*** SOURCE INFORMATION ***
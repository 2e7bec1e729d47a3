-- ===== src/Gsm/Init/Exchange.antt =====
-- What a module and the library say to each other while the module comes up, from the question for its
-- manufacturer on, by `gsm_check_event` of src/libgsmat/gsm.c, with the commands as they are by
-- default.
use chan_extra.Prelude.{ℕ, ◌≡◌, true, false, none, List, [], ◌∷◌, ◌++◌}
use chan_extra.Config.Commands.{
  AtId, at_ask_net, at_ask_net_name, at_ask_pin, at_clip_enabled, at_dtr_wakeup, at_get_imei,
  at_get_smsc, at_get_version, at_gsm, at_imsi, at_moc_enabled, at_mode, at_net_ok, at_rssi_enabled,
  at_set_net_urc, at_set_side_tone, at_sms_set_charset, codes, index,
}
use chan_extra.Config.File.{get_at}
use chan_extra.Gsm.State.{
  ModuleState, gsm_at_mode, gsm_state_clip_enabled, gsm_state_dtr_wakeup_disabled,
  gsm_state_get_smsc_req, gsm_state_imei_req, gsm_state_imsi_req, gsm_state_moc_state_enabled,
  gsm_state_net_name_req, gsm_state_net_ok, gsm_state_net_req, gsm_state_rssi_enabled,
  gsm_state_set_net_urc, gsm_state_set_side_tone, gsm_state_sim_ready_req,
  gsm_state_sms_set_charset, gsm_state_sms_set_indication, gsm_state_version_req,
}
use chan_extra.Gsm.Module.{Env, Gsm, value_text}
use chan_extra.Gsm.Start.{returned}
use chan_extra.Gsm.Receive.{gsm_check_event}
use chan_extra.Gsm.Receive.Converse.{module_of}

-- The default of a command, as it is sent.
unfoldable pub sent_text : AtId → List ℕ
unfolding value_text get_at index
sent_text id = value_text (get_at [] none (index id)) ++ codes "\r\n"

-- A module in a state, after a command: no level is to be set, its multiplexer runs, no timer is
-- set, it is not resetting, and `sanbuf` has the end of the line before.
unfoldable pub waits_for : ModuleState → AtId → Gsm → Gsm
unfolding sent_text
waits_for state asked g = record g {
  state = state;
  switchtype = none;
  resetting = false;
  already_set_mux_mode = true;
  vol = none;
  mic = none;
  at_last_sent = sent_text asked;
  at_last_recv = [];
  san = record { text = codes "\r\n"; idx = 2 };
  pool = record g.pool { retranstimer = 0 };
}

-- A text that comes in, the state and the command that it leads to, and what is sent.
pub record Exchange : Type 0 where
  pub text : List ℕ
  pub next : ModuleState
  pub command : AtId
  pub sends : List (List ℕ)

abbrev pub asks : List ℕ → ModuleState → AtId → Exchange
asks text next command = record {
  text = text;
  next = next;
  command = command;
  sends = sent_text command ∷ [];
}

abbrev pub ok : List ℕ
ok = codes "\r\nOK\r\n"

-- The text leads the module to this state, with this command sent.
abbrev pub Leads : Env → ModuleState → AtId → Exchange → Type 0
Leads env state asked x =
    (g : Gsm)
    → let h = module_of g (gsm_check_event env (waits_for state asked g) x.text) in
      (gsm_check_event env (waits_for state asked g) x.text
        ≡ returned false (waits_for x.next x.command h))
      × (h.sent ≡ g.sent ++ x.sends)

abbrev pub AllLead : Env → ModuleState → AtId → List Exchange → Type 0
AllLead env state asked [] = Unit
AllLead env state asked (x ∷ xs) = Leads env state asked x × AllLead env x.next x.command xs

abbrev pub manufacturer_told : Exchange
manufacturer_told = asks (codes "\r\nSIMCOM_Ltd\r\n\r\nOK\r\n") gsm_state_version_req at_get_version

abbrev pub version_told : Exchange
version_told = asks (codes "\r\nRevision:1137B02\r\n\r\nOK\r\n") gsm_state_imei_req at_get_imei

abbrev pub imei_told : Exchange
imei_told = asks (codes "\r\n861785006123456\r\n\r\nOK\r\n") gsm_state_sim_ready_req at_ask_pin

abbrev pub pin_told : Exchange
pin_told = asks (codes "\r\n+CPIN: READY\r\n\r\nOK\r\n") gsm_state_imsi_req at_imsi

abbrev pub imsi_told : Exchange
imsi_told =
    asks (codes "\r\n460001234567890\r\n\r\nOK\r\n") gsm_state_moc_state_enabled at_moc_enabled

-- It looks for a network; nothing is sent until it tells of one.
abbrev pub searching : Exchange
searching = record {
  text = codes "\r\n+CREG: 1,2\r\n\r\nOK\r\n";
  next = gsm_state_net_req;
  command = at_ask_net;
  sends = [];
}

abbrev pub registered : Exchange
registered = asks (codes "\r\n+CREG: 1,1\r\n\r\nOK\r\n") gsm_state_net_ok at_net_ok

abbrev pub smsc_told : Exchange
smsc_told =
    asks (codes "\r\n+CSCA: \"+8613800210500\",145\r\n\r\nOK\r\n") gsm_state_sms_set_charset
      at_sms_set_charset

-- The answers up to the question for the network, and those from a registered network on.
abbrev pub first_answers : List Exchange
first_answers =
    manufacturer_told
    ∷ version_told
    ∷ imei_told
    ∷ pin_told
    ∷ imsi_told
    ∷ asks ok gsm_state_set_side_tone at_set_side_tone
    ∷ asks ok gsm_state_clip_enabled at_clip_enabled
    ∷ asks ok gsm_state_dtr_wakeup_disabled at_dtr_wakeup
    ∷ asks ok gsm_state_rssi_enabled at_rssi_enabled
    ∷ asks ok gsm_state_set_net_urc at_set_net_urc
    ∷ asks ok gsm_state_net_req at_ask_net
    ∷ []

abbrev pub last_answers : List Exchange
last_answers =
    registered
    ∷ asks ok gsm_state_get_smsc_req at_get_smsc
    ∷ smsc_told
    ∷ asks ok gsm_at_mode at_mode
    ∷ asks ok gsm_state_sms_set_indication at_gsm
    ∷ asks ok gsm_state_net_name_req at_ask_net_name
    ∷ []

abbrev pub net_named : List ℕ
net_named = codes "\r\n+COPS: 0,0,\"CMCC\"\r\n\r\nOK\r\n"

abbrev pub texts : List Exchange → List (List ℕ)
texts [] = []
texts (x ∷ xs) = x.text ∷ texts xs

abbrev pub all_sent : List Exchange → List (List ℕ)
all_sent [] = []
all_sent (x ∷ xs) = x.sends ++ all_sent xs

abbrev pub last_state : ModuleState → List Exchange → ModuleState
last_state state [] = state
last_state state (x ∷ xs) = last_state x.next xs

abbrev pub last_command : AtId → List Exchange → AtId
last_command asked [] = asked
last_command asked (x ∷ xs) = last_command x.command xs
***
■ **EXERCISE OBJECTIVE**
Repeat the material above in full. Match it exactly.

■ **TASK ANSWER**
repository 2e7bec1e729d47a3
-- ===== src/Gsm/Init/Exchange.antt =====
-- What a module and the library say to each other while the module comes up, from the question for its
-- manufacturer on, by `gsm_check_event` of src/libgsmat/gsm.c, with the commands as they are by
-- default.
use chan_extra.Prelude.{ℕ, ◌≡◌, true, false, none, List, [], ◌∷◌, ◌++◌}
use chan_extra.Config.Commands.{
  AtId, at_ask_net, at_ask_net_name, at_ask_pin, at_clip_enabled, at_dtr_wakeup, at_get_imei,
  at_get_smsc, at_get_version, at_gsm, at_imsi, at_moc_enabled, at_mode, at_net_ok, at_rssi_enabled,
  at_set_net_urc, at_set_side_tone, at_sms_set_charset, codes, index,
}
use chan_extra.Config.File.{get_at}
use chan_extra.Gsm.State.{
  ModuleState, gsm_at_mode, gsm_state_clip_enabled, gsm_state_dtr_wakeup_disabled,
  gsm_state_get_smsc_req, gsm_state_imei_req, gsm_state_imsi_req, gsm_state_moc_state_enabled,
  gsm_state_net_name_req, gsm_state_net_ok, gsm_state_net_req, gsm_state_rssi_enabled,
  gsm_state_set_net_urc, gsm_state_set_side_tone, gsm_state_sim_ready_req,
  gsm_state_sms_set_charset, gsm_state_sms_set_indication, gsm_state_version_req,
}
use chan_extra.Gsm.Module.{Env, Gsm, value_text}
use chan_extra.Gsm.Start.{returned}
use chan_extra.Gsm.Receive.{gsm_check_event}
use chan_extra.Gsm.Receive.Converse.{module_of}

-- The default of a command, as it is sent.
unfoldable pub sent_text : AtId → List ℕ
unfolding value_text get_at index
sent_text id = value_text (get_at [] none (index id)) ++ codes "\r\n"

-- A module in a state, after a command: no level is to be set, its multiplexer runs, no timer is
-- set, it is not resetting, and `sanbuf` has the end of the line before.
unfoldable pub waits_for : ModuleState → AtId → Gsm → Gsm
unfolding sent_text
waits_for state asked g = record g {
  state = state;
  switchtype = none;
  resetting = false;
  already_set_mux_mode = true;
  vol = none;
  mic = none;
  at_last_sent = sent_text asked;
  at_last_recv = [];
  san = record { text = codes "\r\n"; idx = 2 };
  pool = record g.pool { retranstimer = 0 };
}

-- A text that comes in, the state and the command that it leads to, and what is sent.
pub record Exchange : Type 0 where
  pub text : List ℕ
  pub next : ModuleState
  pub command : AtId
  pub sends : List (List ℕ)

abbrev pub asks : List ℕ → ModuleState → AtId → Exchange
asks text next command = record {
  text = text;
  next = next;
  command = command;
  sends = sent_text command ∷ [];
}

abbrev pub ok : List ℕ
ok = codes "\r\nOK\r\n"

-- The text leads the module to this state, with this command sent.
abbrev pub Leads : Env → ModuleState → AtId → Exchange → Type 0
Leads env state asked x =
    (g : Gsm)
    → let h = module_of g (gsm_check_event env (waits_for state asked g) x.text) in
      (gsm_check_event env (waits_for state asked g) x.text
        ≡ returned false (waits_for x.next x.command h))
      × (h.sent ≡ g.sent ++ x.sends)

abbrev pub AllLead : Env → ModuleState → AtId → List Exchange → Type 0
AllLead env state asked [] = Unit
AllLead env state asked (x ∷ xs) = Leads env state asked x × AllLead env x.next x.command xs

abbrev pub manufacturer_told : Exchange
manufacturer_told = asks (codes "\r\nSIMCOM_Ltd\r\n\r\nOK\r\n") gsm_state_version_req at_get_version

abbrev pub version_told : Exchange
version_told = asks (codes "\r\nRevision:1137B02\r\n\r\nOK\r\n") gsm_state_imei_req at_get_imei

abbrev pub imei_told : Exchange
imei_told = asks (codes "\r\n861785006123456\r\n\r\nOK\r\n") gsm_state_sim_ready_req at_ask_pin

abbrev pub pin_told : Exchange
pin_told = asks (codes "\r\n+CPIN: READY\r\n\r\nOK\r\n") gsm_state_imsi_req at_imsi

abbrev pub imsi_told : Exchange
imsi_told =
    asks (codes "\r\n460001234567890\r\n\r\nOK\r\n") gsm_state_moc_state_enabled at_moc_enabled

-- It looks for a network; nothing is sent until it tells of one.
abbrev pub searching : Exchange
searching = record {
  text = codes "\r\n+CREG: 1,2\r\n\r\nOK\r\n";
  next = gsm_state_net_req;
  command = at_ask_net;
  sends = [];
}

abbrev pub registered : Exchange
registered = asks (codes "\r\n+CREG: 1,1\r\n\r\nOK\r\n") gsm_state_net_ok at_net_ok

abbrev pub smsc_told : Exchange
smsc_told =
    asks (codes "\r\n+CSCA: \"+8613800210500\",145\r\n\r\nOK\r\n") gsm_state_sms_set_charset
      at_sms_set_charset

-- The answers up to the question for the network, and those from a registered network on.
abbrev pub first_answers : List Exchange
first_answers =
    manufacturer_told
    ∷ version_told
    ∷ imei_told
    ∷ pin_told
    ∷ imsi_told
    ∷ asks ok gsm_state_set_side_tone at_set_side_tone
    ∷ asks ok gsm_state_clip_enabled at_clip_enabled
    ∷ asks ok gsm_state_dtr_wakeup_disabled at_dtr_wakeup
    ∷ asks ok gsm_state_rssi_enabled at_rssi_enabled
    ∷ asks ok gsm_state_set_net_urc at_set_net_urc
    ∷ asks ok gsm_state_net_req at_ask_net
    ∷ []

abbrev pub last_answers : List Exchange
last_answers =
    registered
    ∷ asks ok gsm_state_get_smsc_req at_get_smsc
    ∷ smsc_told
    ∷ asks ok gsm_at_mode at_mode
    ∷ asks ok gsm_state_sms_set_indication at_gsm
    ∷ asks ok gsm_state_net_name_req at_ask_net_name
    ∷ []

abbrev pub net_named : List ℕ
net_named = codes "\r\n+COPS: 0,0,\"CMCC\"\r\n\r\nOK\r\n"

abbrev pub texts : List Exchange → List (List ℕ)
texts [] = []
texts (x ∷ xs) = x.text ∷ texts xs

abbrev pub all_sent : List Exchange → List (List ℕ)
all_sent [] = []
all_sent (x ∷ xs) = x.sends ++ all_sent xs

abbrev pub last_state : ModuleState → List Exchange → ModuleState
last_state state [] = state
last_state state (x ∷ xs) = last_state x.next xs

abbrev pub last_command : AtId → List Exchange → AtId
last_command asked [] = asked
last_command asked (x ∷ xs) = last_command x.command xs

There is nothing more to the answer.